Ora, o que tem tudo isto a ver com o “risco de cancro”?
Dados epidemiológicos demonstram inequivocamente que a prática de exercício físico, mesmo que moderado, ao longo da vida, resulta numa diminuição real do risco de desenvolver alguns cancros. Quando refiro “exercício físico moderado”, estou a falar de pelo menos 30 minutos de atividade física por dia. Mais ou menos intensa, o que dependerá da disponibilidade, dedicação, capacidade física e tempo de cada pessoa. Mas dissequemos os mecanismos científicos que explicam estes dados epidemiológicos.
A prática de exercício físico atua a diferentes níveis no nosso corpo, desde o nível cognitivo (melhora a concentração e a acuidade) como ao nível da fisiopatologia de diferentes órgãos e sistemas. Por um lado, através do aumento do consumo de energia (gasta a produzir movimento dos músculos), regula o metabolismo, reduzindo a glucose e a acumulação de gorduras, nomeadamente os ácidos gordos e o colesterol. Os lípidos são precursores (isto é, essenciais) para a síntese de hormonas, nomeadamente as que aumentam o risco de desenvolvimento de cancros (hormono-dependentes, como o cancro da próstata ou da mama).
Por outro lado, o exercício físico tem um efeito generalizado (sistémico) de redução da inflamação e de ativação do sistema imunitário, aumentando a sua capacidade de reconhecimento e de eliminação de células cancerosas. A prática de exercício físico aumenta também o funcionamento do trato intestinal, diminuindo a exposição do epitélio do intestino a potenciais agentes carcinogénicos obtidos através da dieta.
Finalmente, não pretendendo ser exaustivo, o exercício físico aumenta ainda o bom funcionamento cardíaco (quando praticado sob recomendação e acompanhamento médico) e vascular.
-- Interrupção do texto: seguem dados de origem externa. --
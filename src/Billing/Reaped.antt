-- ===== src/Billing/Reaped.antt =====
-- Reaping ends, and leaves no reservation of its batch running.
use generation_balance_servi.Base.{
  length, ℕ, ◌≤◌, ◌≡◌, ◌⊎◌, refl, true, ℤ, pos, ◌-ℤ◌, Option, none, some, List, [], ◌∷◌, inl, inr,
  arith,
}
use generation_balance_servi.Redis.{Redis, Status, contains}
use generation_balance_servi.Store.{GenerationRecord}
use generation_balance_servi.Store.Methods
use generation_balance_servi.Store.Stale.{
  count_to, IsStale, stale_inflight-contains, stale_inflight_bounds,
}
use generation_balance_servi.Store.Recognises.{HasRecord, IsFinished}
use generation_balance_servi.Machine.{Machine, proceed, pure}
use generation_balance_servi.Machine.Rules.{
  Setting, IsSchedule, Advance-refl, Grown, Goes, Goes-map, proceed-Goes,
}
use generation_balance_servi.Billing.Configs.{Config}
use generation_balance_servi.Billing.Remote.{get_generation, stale_inflight, forget_inflight}
use generation_balance_servi.Billing.Refunder.{refund_reservation}
use generation_balance_servi.Billing.Reaper.{
  reaped_error, reap_by_status, reap_record, reap_all, reap_once,
}
use generation_balance_servi.Billing.Steps.{
  Admits, get_generation-Goes, stale_inflight-Goes, forget_inflight-Goes,
}
use generation_balance_servi.Billing.Facts.{NotRunning}
use generation_balance_servi.Billing.Following.{
  Follows, Ran-HasRecord, Ran-IsFinished, IsFinished-of-NotRunning,
}
use generation_balance_servi.Billing.Attempts.{refund_reservation-Goes}
use generation_balance_servi.Billing.Redelivery.{Holds, get_generation-Holds, status_of_Holds}

-- At most one was refunded, and if the identifier is the one that is followed and had a record, that
-- is finished.
abbrev Reaped : ℕ → ℕ → Redis → ℕ → Machine → Type 0
Reaped id x r n m' = (n ≤ 1) × (x ≡ id → HasRecord id r → IsFinished id m'.world.redis)

-- What a batch of identifiers, met in the keyspace, becomes.
abbrev pub AllReaped : ℕ → List ℕ → Redis → ℕ → Machine → Type 0
AllReaped id ids r n m' =
    (n ≤ length ids) × (contains id ids ≡ true → HasRecord id r → IsFinished id m'.world.redis)

contains_cases :
    (id x : ℕ) (ids : List ℕ) → contains id (x ∷ ids) ≡ true → (x ≡ id) ⊎ (contains id ids ≡ true)
contains_cases id x ids e = ground arith

-- The time by which reservations are judged.
abbrev pub reap_time : Option ℤ → Machine → ℤ
reap_time none m = pos m.clock
reap_time (some now) m = now

-- The keyspace that the first call of the reaping met, by the history; so many reservations were
-- refunded, no more than the batch's size and than were stale there; and the given one, if it was
-- stale and had a record there, is finished.
abbrev pub BatchReaped : Config → ℕ → ℤ → Machine → ℕ → Machine → Type 0
BatchReaped config id time m n m' =
    let cutoff = time -ℤ pos config.billing.reap_after in
    let limit = config.billing.reap_batch_size in
    (r : Redis) × Grown (r ∷ m.history) m'.history
    × (n ≤ limit)
    × (n ≤ count_to cutoff r.inflight)
    × (IsStale id cutoff limit r.inflight → HasRecord id r → IsFinished id m'.world.redis)

module _ (c : Setting) (own : Admits c.allowed) (config : Config) (id : ℕ)
    (follows : Follows id c) where
  open c use {allowed}

  forgetting-Goes :
      (x : ℕ) (m : Machine)
      → IsSchedule allowed m.schedule
      → (x ≡ id → HasRecord id m.world.redis → IsFinished id m.world.redis)
      → Goes c m
          (Reaped id x m.world.redis)
          (proceed (forget_inflight config.store x m) (λ _. pure 0))
  forgetting-Goes x m s over =
      proceed-Goes c m (λ done m'. Unit {0}) (Reaped id x m.world.redis)
        (forget_inflight config.store x m) (λ _. pure 0)
        (forget_inflight-Goes c own config.store x m s)
        (λ done m' h t. (
          Advance-refl allowed m' h.schedule,
          (
            omega arith,
            λ e k. Ran-IsFinished c id follows m.world.redis m'.world.redis h.ran (over e k),
          ),
        ))

  reap_by_status-Goes :
      (x : ℕ) (g : GenerationRecord) (status : Status) (m : Machine)
      → IsSchedule allowed m.schedule
      → Holds x g m.world.redis
      → g.status ≡ status
      → Goes c m (Reaped id x m.world.redis) (reap_by_status config x status g m)
  reap_by_status-Goes x g Status.running m s at is =
      proceed-Goes c m (λ done m'. NotRunning x m'.world.redis) (Reaped id x m.world.redis)
        (refund_reservation config g.user_id x g.plan reaped_error m) (λ _. pure 1)
        (refund_reservation-Goes c own config g.user_id x g.plan reaped_error m s)
        (λ done m' h n. (
          Advance-refl allowed m' h.schedule,
          (
            omega arith,
            λ e k.
                IsFinished-of-NotRunning id m'.world.redis
                  (Ran-HasRecord c id follows m.world.redis m'.world.redis h.ran k) (rw (← e) n),
          ),
        ))
  reap_by_status-Goes x g Status.done m s at is =
      forgetting-Goes x m s (λ e k. rw (← e) (status_of_Holds x g m.world.redis at (λ p. cc)))
  reap_by_status-Goes x g Status.failed m s at is =
      forgetting-Goes x m s (λ e k. rw (← e) (status_of_Holds x g m.world.redis at (λ p. cc)))

  reap_record-Goes :
      (x : ℕ) (o : Option GenerationRecord) (m : Machine)
      → IsSchedule allowed m.schedule
      → o ≡ Methods.get_generation x m.world.redis
      → Goes c m (Reaped id x m.world.redis) (reap_record config x o m)
  unfolding Methods.get_generation
  reap_record-Goes x (some g) m s e =
      reap_by_status-Goes x g g.status m s (get_generation-Holds x g m.world.redis e) refl
  reap_record-Goes x none m s e =
      forgetting-Goes x m s (λ is k. absurd (no_record x m.world.redis is k e))
    where
      no_record :
          (x : ℕ) (r : Redis) → x ≡ id → HasRecord id r → none ≡ Methods.get_generation x r → ⊥
      no_record x r is (h, at) e = cc (rw (is, at) at e)

  reap_all-Goes :
      (ids : List ℕ) (m : Machine)
      → IsSchedule allowed m.schedule
      → Goes c m (AllReaped id ids m.world.redis) (reap_all config ids m)
  unfolding reap_all
  reap_all-Goes [] m s = (Advance-refl allowed m s, (omega arith, λ e. cc))
  reap_all-Goes (x ∷ ids) m s =
      proceed-Goes c m (λ o m'. o ≡ Methods.get_generation x m'.world.redis)
        (AllReaped id (x ∷ ids) m.world.redis) (get_generation x m) _ (get_generation-Goes c x m s)
        (λ o m₁ h₁ e.
          proceed-Goes c m₁ (Reaped id x m₁.world.redis) (AllReaped id (x ∷ ids) m.world.redis)
            (reap_record config x o m₁) _ (reap_record-Goes x o m₁ h₁.schedule e)
            (λ n₁ m₂ h₂ reaped.
              proceed-Goes c m₂ (AllReaped id ids m₂.world.redis)
                (AllReaped id (x ∷ ids) m.world.redis) (reap_all config ids m₂) _
                (reap_all-Goes ids m₂ h₂.schedule)
                (λ n₂ m₃ h₃ rest. (
                  Advance-refl allowed m₃ h₃.schedule,
                  (
                    omega (arith, reaped.0, rest.0),
                    λ e k.
                        let kept =
                          Ran-HasRecord c id follows m.world.redis m₁.world.redis h₁.ran k in
                        elim (contains_cases id x ids e) [
                          | inl is ↦
                              Ran-IsFinished c id follows m₂.world.redis m₃.world.redis h₃.ran
                                (reaped.1 is kept)
                          | inr there ↦
                              rest.1 there (
                                Ran-HasRecord c id follows m₁.world.redis m₂.world.redis h₂.ran
                                  kept)
                        ],
                  ),
                ))))

  reap_at-Goes :
      (time : ℤ) (m : Machine)
      → IsSchedule allowed m.schedule
      → Goes c m (BatchReaped config id time m) (
          proceed
            (stale_inflight
              (time -ℤ pos config.billing.reap_after)
              config.billing.reap_batch_size
              m)
            (reap_all config))
  reap_at-Goes time m s =
      let cutoff = time -ℤ pos config.billing.reap_after in
      let limit = config.billing.reap_batch_size in
      proceed-Goes c m
        (λ ids m'.
          (ids ≡ Methods.stale_inflight cutoff limit m'.world.redis)
          × (m'.history ≡ m'.world.redis ∷ m.history))
        (BatchReaped config id time m) (stale_inflight cutoff limit m) (reap_all config)
        (stale_inflight-Goes c cutoff limit m s)
        (λ ids m₁ h₁ says.
          Goes-map c m₁ (AllReaped id ids m₁.world.redis) (BatchReaped config id time m)
            (reap_all config ids m₁) (reap_all-Goes ids m₁ h₁.schedule)
            (λ n m' h all.
              reaped cutoff limit m₁.world.redis n m' (rw (← says.1) h.history)
                (rw (← says.0) all)))
    where
      reaped :
          (cutoff : ℤ) (limit : ℕ) (r : Redis) (n : ℕ) (m' : Machine)
          → Grown (r ∷ m.history) m'.history
          → AllReaped id (Methods.stale_inflight cutoff limit r) r n m'
          → (r : Redis) × Grown (r ∷ m.history) m'.history
            × (n ≤ limit)
            × (n ≤ count_to cutoff r.inflight)
            × (IsStale id cutoff limit r.inflight → HasRecord id r → IsFinished id m'.world.redis)
      reaped cutoff limit r n m' first (le, over) =
          let (bound, stale) = stale_inflight_bounds cutoff limit r in
          (
            r,
            first,
            omega (arith, le, bound),
            omega (arith, le, stale),
            λ old. over (stale_inflight-contains id cutoff limit r old),
          )

  pub reap_once-Goes :
      (now : Option ℤ) (m : Machine)
      → IsSchedule allowed m.schedule
      → Goes c m (BatchReaped config id (reap_time now m) m) (reap_once config now m)
  unfolding reap_once
  reap_once-Goes none m s = reap_at-Goes (pos m.clock) m s
  reap_once-Goes (some time) m s = reap_at-Goes time m s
Melhor funcionamento vascular e cardíaco acompanham as alterações metabólicas, criando um ambiente sistémico desfavorável ao desenvolvimento do cancro.
Várias publicações e sites sugerem a prática de pelo menos 30 minutos de exercício físico por dia; este número aparentemente arbitrário baseia-se em estudos científicos que indicam ser esse o tempo mínimo para que seja possível observar algum dos efeitos benéficos descritos anteriormente. E contribuir para reduzir o risco de desenvolvimento de alguns cancros.
Não precisamos de ser atletas de alta competição para cumprir essa meta. Caminhar, subir escadas, dançar, correr, nadar, andar de bicicleta (sem a ajuda de motores elétricos), de skate, jogar futebol, rugby, andebol, basquetebol, esgrima, praticar as mais variadas formas de ginástica (em ginásio, ao ar livre ou em casa), entre tantas outras possibilidades. Como sugere o American Institute for Cancer Research, tenha como objetivo realizar exercício físico “30 minutos por dia, como quiser”.
Não será fácil encontrar desculpas para não o fazer.